North Korean photos, newspapers, and tokens of appreciation cover one of Dr. Niaz Banaei’s desks in his office at the Hillview branch of Stanford Medicine. As the director of the medical school’s Clinical Microbiology Laboratory and a long-time expert in tuberculosis (TB), Dr. Banaei has been working to establish North Korea’s first TB diagnostic laboratory. Since the 1990s, North Korea has been struggling to contain its raging TB epidemic. In early 2008, North Korean physicians approached members of the Bay Area TB Consortium for help to diagnose and treat the disease. Since then, teams of physicians and scientists have been periodically flying to the National TB Reference Hospital in Pyongyang, the nation’s capital, to work with local lab members to train them in diagnostic care. Though my original interview goal was for Dr. Banaei’s projects developing point of care diagnostic tests for TB (soon to come article!), I found the North Korean project fascinating, and I wanted to learn more.

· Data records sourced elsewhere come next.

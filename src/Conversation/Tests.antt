-- ===== src/Conversation/Tests.antt =====
-- Conversations with one tool call, at small budgets, and the theorems at them.
use zj_cyber_workbench.Prelude.{
  string_eq, nat_eq, filter, any, contains, count_where, ℕ, ◌+◌, ◌≤◌, ◌<◌, String, ◌≡◌, refl, ◌↔◌,
  true, false, none, some, List, [], ◌∷◌, ◌++◌, map, arith,
}
use zj_cyber_workbench.Json.{
  Json, text, object, end, field, get, is_true, is_text, text_or_empty, or_else,
}
use zj_cyber_workbench.Conversation.{tool_call_id, is_call, is_output}
use zj_cyber_workbench.Conversation.Formats.{TextLibrary, is_user_item, is_context_summary_item}
use zj_cyber_workbench.Conversation.Projection.{
  ProjectionCompaction, ProjectedItem, StoredItem, Viewer, project_context,
}
use zj_cyber_workbench.Conversation.Projection.Blocks.{
  is_shown, blocks, summary_of, behind, show_block, project_context-blocks,
}
use zj_cyber_workbench.Conversation.Tokens.{estimate_items_tokens}
use zj_cyber_workbench.Conversation.Budget.{
  ContextBudget, input, resolve_context_budget, budget_notice_item, split_context_anchor, set_add,
  set_remove, tool_ids, is_kept, drop_orphan_tool_items, chunk_items, select_back,
  select_recent_chunks, flush_chunk, chunk_item, chunks_from, build_chunks, assemble, prune_with,
  prune_items_to_budget, estimate_instruction_tokens, estimate_model_call_tokens,
  constrain_model_input,
}
use zj_cyber_workbench.Conversation.Budget.Bounds.{costs, instructions_cost}
use zj_cyber_workbench.Conversation.Budget.Pairing.{AllPaired, drop_orphan_tool_items-AllPaired}
use zj_cyber_workbench.Conversation.Budget.Pruning.{IsPruning, constrain_model_input-IsPruning}
use zj_cyber_workbench.Conversation.Compaction.{
  CompactionScope, CompactionConfig, CompactionState, same_scope, toggle_group, preserved_count,
  add_candidate, reaches_target, collect, select_compaction_candidates, candidate_ids,
  candidate_end_message_id, candidate_start_message_id,
}
use zj_cyber_workbench.Conversation.Compaction.Storage.{
  exception, answer, hard_stop, is_hard_stop, is_locked, try_lock_compaction, unlock_compaction,
  store_compaction, latest_row, get_latest_compaction, store_locked, with_estimate,
  estimate_projection_tokens, projected_tokens_of, with_summary, with_candidates, compact_if_needed,
}
use zj_cyber_workbench.Conversation.Compaction.Groups.{IsSelection}
use zj_cyber_workbench.Conversation.Compaction.Rounds.{
  is_call_of, is_output_of, AreRounds, select_compaction_candidates-rounds,
}
use zj_cyber_workbench.Conversation.Compaction.Outcome.{IsStopped, compact_if_needed-hard_stop_iff}
use zj_cyber_workbench.Conversation.Compaction.Stored.{
  IsStored, reports, compact_if_needed-IsStored,
}

abbrev message : String → Json
message content = object (
    field "type" (text "message") (field "role" (text "user") (field "content" (text content) end)))

abbrev tool_item : String → String → Json
tool_item kind id = object (field "type" (text kind) (field "call_id" (text id) end))

abbrev call_item : Json
call_item = tool_item "function_call" "c1"

abbrev output_item : Json
output_item = tool_item "function_call_output" "c1"

-- Every item counts ten tokens.
abbrev six : Json → ℕ
six item = 6

abbrev budget_of : ℕ → ContextBudget
budget_of tokens = record { context_window = 100; input_budget_tokens = tokens }

abbrev conversation : List Json
conversation = message "one" ∷ message "two" ∷ call_item ∷ output_item ∷ message "three" ∷ []

abbrev pruned : List Json
pruned = budget_notice_item ∷ call_item ∷ output_item ∷ message "three" ∷ []

abbrev by : String → ℕ → StoredItem
by owner id = record {
  message_id = id;
  owner_code = owner;
  item = object (
      field "type" (text "message")
        (field "role" (text "assistant") (field "content" (text "found it") end)));
  nested_for = "";
  nested_call_id = "";
}

abbrev lead : Viewer
lead = record { viewing_agent_code = "lead"; viewer_nested_for = ""; viewer_nested_call_id = "" }

abbrev compacted_twice : ProjectionCompaction
compacted_twice = record {
  id = 1;
  start_message_id = 1;
  end_message_id = 2;
  summary_item = message "# Context Summary";
}

abbrev stored : List StoredItem
stored = by "lead" 1 ∷ by "scout" 3 ∷ by "scout" 4 ∷ by "lead" 5 ∷ []

abbrev item_of : ℕ → String → Json → ProjectedItem
item_of id group item = record {
  item = item;
  source_message_ids = id ∷ [];
  token_estimate = 10;
  atomic_group = group;
}

-- A call is the first item, and its output the second.
abbrev projection : List ProjectedItem
projection =
    item_of 1 "tool:lead:c1" call_item
    ∷ item_of 2 "tool:lead:c1" output_item
    ∷ item_of 3 "" (message "next")
    ∷ item_of 4 "" (message "last")
    ∷ []

abbrev config : CompactionConfig
config = record {
  enabled = true;
  window = 100;
  trigger_tokens = 30;
  hard_stop_tokens = 40;
  target_tokens = 35;
  preserve_tokens = 10;
  preserve_recent_items = 1;
  min_items = 1;
  summary_max_tokens = 5;
}

abbrev main_scope : CompactionScope
main_scope = record {
  session_id = "s";
  viewer_agent_code = "lead";
  scope_nested_for = "";
  scope_nested_call_id = "";
}

abbrev no_compactions : CompactionState
no_compactions = record { rows = []; locked = [] }

-- A library whose functions leave texts as they are.
abbrev plain : TextLibrary
plain = record {
  strip = λ s. s;
  lstrip = λ s. s;
  casefold = λ s. s;
  splitlines = λ s. s ∷ [];
  is_control = λ c. false;
}

all_open : Unit {0}
unfolding tool_call_id is_call is_output get is_text text_or_empty or_else resolve_context_budget
    split_context_anchor is_context_summary_item tool_ids is_kept drop_orphan_tool_items set_add
    set_remove chunk_items select_back select_recent_chunks flush_chunk chunk_item chunks_from
    build_chunks assemble prune_with prune_items_to_budget estimate_instruction_tokens
    estimate_model_call_tokens constrain_model_input estimate_items_tokens filter contains any
    is_user_item is_true budget_notice_item toggle_group preserved_count add_candidate
    reaches_target collect select_compaction_candidates candidate_ids candidate_end_message_id
    candidate_start_message_id same_scope is_hard_stop is_locked try_lock_compaction
    unlock_compaction store_compaction latest_row get_latest_compaction store_locked with_estimate
    estimate_projection_tokens projected_tokens_of with_summary with_candidates compact_if_needed
    count_where
all_open = tt

-- Forty tokens hold the notice and the last two chunks.
prunes : constrain_model_input six conversation none (budget_of 40) ≡ input pruned
unfolding all_open
prunes = refl

-- A call whose output is cut off is dropped.
drops_orphans : drop_orphan_tool_items (message "one" ∷ call_item ∷ []) ≡ message "one" ∷ []
unfolding all_open
drops_orphans = refl

-- The call is not compacted without its output.
selects :
    select_compaction_candidates config 40 projection
    ≡ item_of 1 "tool:lead:c1" call_item ∷ item_of 2 "tool:lead:c1" output_item ∷ []
unfolding all_open
selects = refl

over_budget : 40 < costs six conversation + instructions_cost six none
unfolding all_open
over_budget = omega arith

constrain_model_input-IsPruning_example :
    IsPruning conversation pruned × (costs six pruned + instructions_cost six none ≤ 40)
constrain_model_input-IsPruning_example =
    constrain_model_input-IsPruning six conversation pruned none (budget_of 40) over_budget prunes

drop_orphan_tool_items-AllPaired_example : AllPaired (drop_orphan_tool_items conversation)
drop_orphan_tool_items-AllPaired_example = drop_orphan_tool_items-AllPaired conversation

-- A tenth of the window is left free.
resolves :
    resolve_context_budget (λ w. w) 100
    ≡ some (record { context_window = 100; input_budget_tokens = 90 })
unfolding all_open
resolves = refl

project_context-blocks_example :
    project_context (λ code. none) (λ n. "1") lead (some compacted_twice) stored
    ≡ summary_of (some compacted_twice)
      ++ map
          (show_block (λ code. none) (λ n. "1"))
          (blocks "lead" (filter (is_shown "lead") (behind (some compacted_twice) stored)))
project_context-blocks_example =
    project_context-blocks (λ code. none) (λ n. "1") lead (some compacted_twice) stored refl
      (refl, (refl, (refl, (refl, tt))))

projection-AreRounds : AreRounds projection
unfolding all_open
projection-AreRounds = record {
  one_call = λ group n. ground arith;
  one_output = λ group n. ground arith;
  nothing_else = refl;
}

select_compaction_candidates-rounds_example :
    let result = select_compaction_candidates config 40 projection in
    IsSelection config projection result
    × (count_where (is_call_of "tool:lead:c1") result
        ≡ count_where (is_output_of "tool:lead:c1") result)
select_compaction_candidates-rounds_example =
    select_compaction_candidates-rounds config 40 projection "tool:lead:c1" projection-AreRounds
      refl

-- The tokens have reached the hard stop, and the model fails.
compact_if_needed-hard_stop_iff_example :
    ((compact_if_needed plain six config main_scope 1 projection [] exception no_compactions).0
      ≡ hard_stop)
    ↔ IsStopped six plain config projection [] exception
compact_if_needed-hard_stop_iff_example =
    compact_if_needed-hard_stop_iff plain six config main_scope 1 projection [] exception
      no_compactions

stops :
    (compact_if_needed plain six config main_scope 1 projection [] exception no_compactions).0
    ≡ hard_stop
unfolding all_open
stops = refl

compacts :
    reports plain six main_scope
      (compact_if_needed plain six config main_scope 1 projection []
        (answer "goal")
        no_compactions).0
    ≡ true
unfolding all_open
compacts = refl

compact_if_needed-IsStored_example :
    IsStored plain six main_scope 1
      (select_compaction_candidates config
        (projected_tokens_of six projection [])
        (estimate_projection_tokens six projection))
      (answer "goal")
      no_compactions
      (compact_if_needed plain six config main_scope 1 projection []
        (answer "goal")
        no_compactions).1
compact_if_needed-IsStored_example =
    compact_if_needed-IsStored plain six main_scope config 1 projection [] (answer "goal")
      no_compactions compacts
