-- ===== src/Executor.antt =====
-- core/task_runtime/executor.py: the loop that runs an agent until its inbox is empty. How each turn
-- ends is an argument, with the calls that change the inbox meanwhile.
pub mod Idle
pub mod Tests
use zj_cyber_workbench.Prelude.{
  if◌then◌else◌, string_eq, ◌==◌, ℕ, String, Bool, Option, none, some, List, [], ◌∷◌,
}
use zj_cyber_workbench.Notifications.{AgentNotification}
use zj_cyber_workbench.Notifications.Inbox.{
  Table, Call, complete_notification, fail_notification, release_notification,
}
use zj_cyber_workbench.Notifications.Claims.{claim_next_pending_notification}
use zj_cyber_workbench.Notifications.Steps.{Step, run}

-- How `run_turn` ends: it returns, or raises `InterruptSignal`, `CancelledError`, or another
-- exception, of this text.
pub data TurnEnd (A : Type 0) : Type 0 where
  turn_result : A → TurnEnd A
  turn_interrupted turn_canceled : TurnEnd A
  turn_failed : (error : String) → TurnEnd A

pub record Turn (A : Type 0) : Type 0 where
  pub claimed_at : ℕ
  pub meanwhile : List Step
  pub ended_at : ℕ
  pub ending : TurnEnd A

-- Where the loop is: it has returned the last result, it has raised, or a turn is running.
pub data Drain (A : Type 0) : Type 0 where
  idle : Option A → Drain A
  canceled_drain : Drain A
  failed_drain : (error : String) → Drain A
  in_turn : Option AgentNotification → Drain A

abbrev pub error_or : (error default : String) → String
error_or error default = if error == "" then default else error

module _ (like : String → String → Bool) (session_id agent_instance_id : String) where
  abbrev pub claim : (now : ℕ) → Table → Call (Option AgentNotification)
  claim now table =
      claim_next_pending_notification like session_id none (some agent_instance_id) now table

  module _ {A : Type 0} where
    -- The statements behind `run_turn`, by how it ends; `go_on` is the rest of the loop.
    unfoldable pub after_turn :
        (notification_id : String)
        → (now : ℕ) → TurnEnd A
        → (go_on : Option A → Table → Drain A × Table) → Option A
        → Table
        → Drain A × Table
    after_turn notification_id now (turn_result r) go_on result table =
        go_on (some r) (complete_notification notification_id now table).1
    after_turn notification_id now turn_interrupted go_on result table =
        go_on result (complete_notification notification_id now table).1
    after_turn notification_id now turn_canceled go_on result table =
        (canceled_drain, (release_notification notification_id now table).1)
    after_turn notification_id now (turn_failed error) go_on result table =
        go_on result
          (fail_notification notification_id (error_or error "notification handling failed") now
            table).1

    -- One round of the loop, by what the claim gave; `none` is a turn that is still running.
    unfoldable pub run_claimed :
        Option AgentNotification
        → Option (Turn A)
        → (go_on : Option A → Table → Drain A × Table) → Option A
        → Table
        → Drain A × Table
    run_claimed none turn go_on result table = (idle result, table)
    run_claimed (some notification) none go_on result table = (in_turn (some notification), table)
    run_claimed (some notification) (some turn) go_on result table =
        after_turn notification.id turn.ended_at turn.ending go_on result
          (run like turn.meanwhile table)

    -- The `while` loop.
    unfoldable pub drain : List (Turn A) → (last_now : ℕ) → Option A → Table → Drain A × Table
    drain [] last_now result table =
        let claimed = claim last_now table in
        run_claimed claimed.0 none (λ r t. (in_turn none, t)) result claimed.1
    drain (turn ∷ turns) last_now result table =
        let claimed = claim turn.claimed_at table in
        run_claimed claimed.0 (some turn) (λ r t. drain turns last_now r t) result claimed.1

    abbrev pub after_initial :
        TurnEnd A → (go_on : Option A → Table → Drain A × Table) → Table → Drain A × Table
    after_initial (turn_result r) go_on table = go_on (some r) table
    after_initial turn_interrupted go_on table = go_on none table
    after_initial turn_canceled go_on table = (canceled_drain, table)
    after_initial (turn_failed error) go_on table = (failed_drain error, table)

    -- The turn of the initial content, if there is one, where only an interrupt is caught.
    unfoldable pub initial_turn :
        Option (Turn A) → (go_on : Option A → Table → Drain A × Table) → Table → Drain A × Table
    initial_turn none go_on table = go_on none table
    initial_turn (some turn) go_on table =
        after_initial turn.ending go_on (run like turn.meanwhile table)

    unfoldable pub run_until_idle :
        (initial : Option (Turn A)) → List (Turn A) → (last_now : ℕ) → Table → Drain A × Table
    run_until_idle initial turns last_now table =
        initial_turn initial (λ r t. drain turns last_now r t) table
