-- ===== src/Executor/Idle.antt =====
-- core/task_runtime/executor.py: the inbox of an agent that has become idle.
use zj_cyber_workbench.Notifications.Steps.{run}
use zj_cyber_workbench.Prelude.{
  Bool-cases, string_eq, ◌==◌, nat_eq, filter, first_where, update_where, count_where, ℕ, ◌≤◌,
  String, ◌≡◌, refl, sym, ◌∙◌, subst, inl, inr, Bool, true, false, Option, none, some, List, [],
  ◌∷◌, arith,
}
use zj_cyber_workbench.Notifications.{AgentNotification}
use zj_cyber_workbench.Notifications.Inbox.{
  Table, get_row, complete_notification, fail_notification,
}
use zj_cyber_workbench.Notifications.Claims.{
  first_by_order, start_row, is_pending_row, claim_row, claim_found, is_claimable,
  claim_next_pending_notification, has_pending_notification,
}
use zj_cyber_workbench.Notifications.Steps.Claiming.{IsKeyed, has_pending_notification_iff}
use zj_cyber_workbench.Executor.{
  TurnEnd, turn_result, turn_interrupted, turn_canceled, turn_failed, Turn, Drain, idle,
  canceled_drain, failed_drain, in_turn, error_or, claim, after_turn, run_claimed, drain,
  after_initial, initial_turn, run_until_idle,
}

started_row-found :
    (id : String) (now : ℕ) (table : Table)
    → 1 ≤ count_where (is_pending_row id) table
    → get_row id (update_where (is_pending_row id) (start_row now) table) ≡ none
    → ⊥
unfolding count_where filter update_where first_where start_row
started_row-found id now [] h e = ground (arith, h)
started_row-found id now (row ∷ table) h e = ground (arith, h, e, started_row-found id now table)

-- A claim that gives nothing changes nothing.
claim_found-none :
    (now : ℕ) (found : Option AgentNotification) (table : Table)
    → (claim_found now found table).0 ≡ none
    → (claim_found now found table).1 ≡ table
unfolding claim_found claim_row
claim_found-none now none table h = refl
claim_found-none now (some row) table h =
    elim (Bool-cases (count_where (is_pending_row row.id) table == 1)) [
      | inl c ↦
          absurd (started_row-found row.id now table (ground (arith, c)) (ground (arith, c, h)))
      | inr c ↦ ground (arith, c)
    ]

some-ne-none : {A : Type 0} → (a : A) → some a ≡ none → ⊥
some-ne-none a e = cc

abbrev is_idle : {A : Type 0} → Drain A → Bool
is_idle (idle r) = true
is_idle _ = false

module _ (like : String → String → Bool) (session_id agent_instance_id : String) where
  abbrev pub has_pending : Table → Bool
  has_pending table = has_pending_notification like session_id none (some agent_instance_id) table

  no_pending :
      (now : ℕ) (table : Table)
      → IsKeyed (claim like session_id agent_instance_id now table).1
      → (claim like session_id agent_instance_id now table).0 ≡ none
      → has_pending (claim like session_id agent_instance_id now table).1 ≡ false
  unfolding claim_next_pending_notification
  no_pending now table k h =
      let same =
        claim_found-none now
          (first_by_order
            (filter (is_claimable like session_id none (some agent_instance_id)) table))
          table h in
      elim (Bool-cases (has_pending table)) [
        | inr e ↦ rw same e
        | inl e ↦
            let found =
              (has_pending_notification_iff like session_id none (some agent_instance_id) now table
                  (subst IsKeyed same k)).0
                e in
            absurd (some-ne-none found.0 (sym found.1 ∙ h))
      ]

  module _ {A : Type 0} where
    abbrev Goes : (Option A → Table → Drain A × Table) → Type 0
    Goes go_on =
        (result : Option A) (table : Table) (last : Option A)
        → (go_on result table).0 ≡ idle last
        → IsKeyed (go_on result table).1
        → has_pending (go_on result table).1 ≡ false

    not_idle : (d : Drain A) (last : Option A) → is_idle d ≡ false → d ≡ idle last → ⊥
    not_idle (idle r) last n h = ground (arith, n)
    not_idle canceled_drain last n h = cc
    not_idle (failed_drain error) last n h = cc
    not_idle (in_turn n) last k h = cc

    after_turn-Goes :
        (id : String) (now : ℕ) (ending : TurnEnd A) (go_on : Option A → Table → Drain A × Table)
        → Goes go_on
        → Goes (after_turn like session_id agent_instance_id id now ending go_on)
    unfolding after_turn
    after_turn-Goes id now (turn_result r) go_on ih result table last h k =
        ih (some r) (complete_notification id now table).1 last h k
    after_turn-Goes id now turn_interrupted go_on ih result table last h k =
        ih result (complete_notification id now table).1 last h k
    after_turn-Goes id now turn_canceled go_on ih result table last h k =
        absurd (not_idle canceled_drain last refl h)
    after_turn-Goes id now (turn_failed error) go_on ih result table last h k =
        ih result (fail_notification id (error_or error "notification handling failed") now table).1
          last h k

    run_claimed-idle :
        (claimed : Option AgentNotification) (turn : Option (Turn A))
        (go_on : Option A → Table → Drain A × Table) (now : ℕ) (result : Option A) (table : Table)
        (last : Option A)
        → Goes go_on
        → (claim like session_id agent_instance_id now table).0 ≡ claimed
        → (run_claimed like session_id agent_instance_id claimed turn go_on result
            (claim like session_id agent_instance_id now table).1).0
          ≡ idle last
        → IsKeyed
            (run_claimed like session_id agent_instance_id claimed turn go_on result
              (claim like session_id agent_instance_id now table).1).1
        → has_pending
            (run_claimed like session_id agent_instance_id claimed turn go_on result
              (claim like session_id agent_instance_id now table).1).1
          ≡ false
    unfolding run_claimed
    run_claimed-idle none turn go_on now result table last ih c h k = no_pending now table k c
    run_claimed-idle (some n) none go_on now result table last ih c h k =
        absurd (not_idle (in_turn (some n)) last refl h)
    run_claimed-idle (some n) (some turn) go_on now result table last ih c h k =
        after_turn-Goes n.id turn.ended_at turn.ending go_on ih result
          (run like turn.meanwhile (claim like session_id agent_instance_id now table).1) last h k

    drain-idle :
        (turns : List (Turn A)) (last_now : ℕ)
        → Goes (drain like session_id agent_instance_id turns last_now)
    unfolding drain
    drain-idle [] last_now result table last h k =
        run_claimed-idle (claim like session_id agent_instance_id last_now table).0 none
          (λ r t. (in_turn none, t)) last_now result table last
          (λ r t l g j. absurd (not_idle (in_turn none) l refl g)) refl h k
    drain-idle (turn ∷ turns) last_now result table last h k =
        run_claimed-idle (claim like session_id agent_instance_id turn.claimed_at table).0
          (some turn) (λ r t. drain like session_id agent_instance_id turns last_now r t)
          turn.claimed_at result table last (drain-idle turns last_now) refl h k

    after_initial-Goes :
        (ending : TurnEnd A) (go_on : Option A → Table → Drain A × Table) (table : Table)
        (last : Option A)
        → Goes go_on
        → (after_initial like session_id agent_instance_id ending go_on table).0 ≡ idle last
        → IsKeyed (after_initial like session_id agent_instance_id ending go_on table).1
        → has_pending (after_initial like session_id agent_instance_id ending go_on table).1 ≡ false
    after_initial-Goes (turn_result r) go_on table last ih h k = ih (some r) table last h k
    after_initial-Goes turn_interrupted go_on table last ih h k = ih none table last h k
    after_initial-Goes turn_canceled go_on table last ih h k =
        absurd (not_idle canceled_drain last refl h)
    after_initial-Goes (turn_failed error) go_on table last ih h k =
        absurd (not_idle (failed_drain error) last refl h)

    -- When the loop returns, no notification of the agent is pending, whatever the turns did and
    -- however they ended. The ids of the inbox that it leaves differ.
    pub run_until_idle-pending :
        (initial : Option (Turn A)) (turns : List (Turn A)) (last_now : ℕ) (table : Table)
        (last : Option A)
        → (run_until_idle like session_id agent_instance_id initial turns last_now table).0
          ≡ idle last
        → IsKeyed (run_until_idle like session_id agent_instance_id initial turns last_now table).1
        → has_pending
            (run_until_idle like session_id agent_instance_id initial turns last_now table).1
          ≡ false
    unfolding run_until_idle initial_turn
    run_until_idle-pending none turns last_now table last h k =
        drain-idle turns last_now none table last h k
    run_until_idle-pending (some turn) turns last_now table last h k =
        after_initial-Goes turn.ending
          (λ r t. drain like session_id agent_instance_id turns last_now r t)
          (run like turn.meanwhile table) last (drain-idle turns last_now) h k
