-- ===== src/Executor/Tests.antt =====
-- An agent with one message in its inbox, and the theorem at it.
use zj_cyber_workbench.Prelude.{
  string_eq, ◌==◌, nat_eq, filter, any, first_where, update_where, count_where, ℕ, String, ◌≡◌,
  refl, ap, Bool, false, none, some, List, [], ◌∷◌, arith,
}
use zj_cyber_workbench.Json.{end}
use zj_cyber_workbench.Notifications.{user_message, pending, AgentNotification}
use zj_cyber_workbench.Notifications.Inbox.{
  Table, commit_if_one, answer_row, finish_notification, complete_notification, fail_notification,
  in_session,
}
use zj_cyber_workbench.Notifications.Claims.{
  better, first_by_order, start_row, claim_row, claim_found, is_target, is_claimable,
  claim_next_pending_notification, has_pending_notification,
}
use zj_cyber_workbench.Notifications.Steps.{run}
use zj_cyber_workbench.Notifications.Steps.Claiming.{IsKeyed}
use zj_cyber_workbench.Notifications.Tests.{no_sandbox}
use zj_cyber_workbench.Executor.{
  TurnEnd, turn_result, turn_interrupted, turn_failed, Turn, idle, after_turn, run_claimed, drain,
  initial_turn, run_until_idle,
}
use zj_cyber_workbench.Executor.Idle.{has_pending, run_until_idle-pending}

abbrev exactly : String → String → Bool
exactly value pattern = value == pattern

abbrev row_of : String → ℕ → AgentNotification
row_of id created_at = record {
  id = id;
  session_id = "s";
  target_agent_code = "lead";
  target_agent_instance_id = "i";
  nested_for_agent_code = "";
  nested_call_id = "";
  sandbox = no_sandbox;
  kind = user_message;
  status = pending;
  priority = 10;
  run_id = "";
  payload = end;
  error = "";
  created_at = created_at;
  updated_at = created_at;
  started_at = none;
  finished_at = none;
}

abbrev turn_of : ℕ → TurnEnd ℕ → Turn ℕ
turn_of now ending = record { claimed_at = now; meanwhile = []; ended_at = now; ending = ending }

-- The first turn fails, the second is interrupted.
abbrev turns : List (Turn ℕ)
turns = turn_of 3 (turn_failed "") ∷ turn_of 4 turn_interrupted ∷ []

abbrev messages : Table
messages = row_of "n1" 1 ∷ row_of "n2" 2 ∷ []

all_open : Unit {0}
unfolding run_until_idle initial_turn drain run_claimed after_turn claim_next_pending_notification
    claim_found claim_row count_where filter is_claimable in_session is_target first_by_order better
    update_where first_where start_row run complete_notification fail_notification
    finish_notification answer_row commit_if_one has_pending_notification any
all_open = tt

becomes_idle :
    (run_until_idle exactly "s" "i" (some (turn_of 0 (turn_result 7))) turns 5 messages).0
    ≡ idle (some 7)
unfolding all_open
becomes_idle = refl

messages-IsKeyed :
    IsKeyed (run_until_idle exactly "s" "i" (some (turn_of 0 (turn_result 7))) turns 5 messages).1
unfolding all_open
messages-IsKeyed = ((λ e. ground (arith, ap (λ x. x == "n1") e), tt), (tt, tt))

run_until_idle-pending_example :
    has_pending exactly "s" "i"
      (run_until_idle exactly "s" "i" (some (turn_of 0 (turn_result 7))) turns 5 messages).1
    ≡ false
run_until_idle-pending_example =
    run_until_idle-pending exactly "s" "i" (some (turn_of 0 (turn_result 7))) turns 5 messages
      (some 7) becomes_idle messages-IsKeyed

Dr. Niaz Banaei’s interest in tuberculosis (TB) began many years ago when he was a medical student at Stanford. In Mexico and South Africa, Dr. Banaei discovered firsthand how devastating the impact of the disease burden is in developing countries. Approximately one third of the world’s population is infected with TB, and spread of TB throughout the body has a high fatality rate in untreated patients. Aside from the bodily destruction TB inflicts on its victims, the disease causes social isolation through cultural stigmatization of the epidemic. In North Korea, infected patients are shunned by society to the point where they are banned from marriage. In a nation wracked by TB, where individual’s lives are ruined due to this disease, a better diagnostic and treatment plan, current projects Dr. Banaei are working on, holds promise of a future culture shift.
Dr. Banaei’s stories about the state of the North Korean lab shocked me. The project has taken so long and moved so slowly because the North Korean lab members do not have the fundamental background of labwork, so they are essentially building the lab from ground zero. Concepts of lab operations are still being taught, such as developing standard protocols for diagnostics and understanding the latest scientific technology. Perhaps the most unfortunate of all, there is no way to communicate with the outside world once the Americans leave because of governmental regulations – the Internet is a foreign concept in this country except for internal government usage. The situation puzzled me; what are the qualifications needed to become a scientist at the country’s “expert” hospital on this disease? These scientists must be some of the brightest in the field, who are chosen to work with Stanford physicians on this important project. Yet how do they have so little background and training, and how are they expected to get this training with no continuous outside contact?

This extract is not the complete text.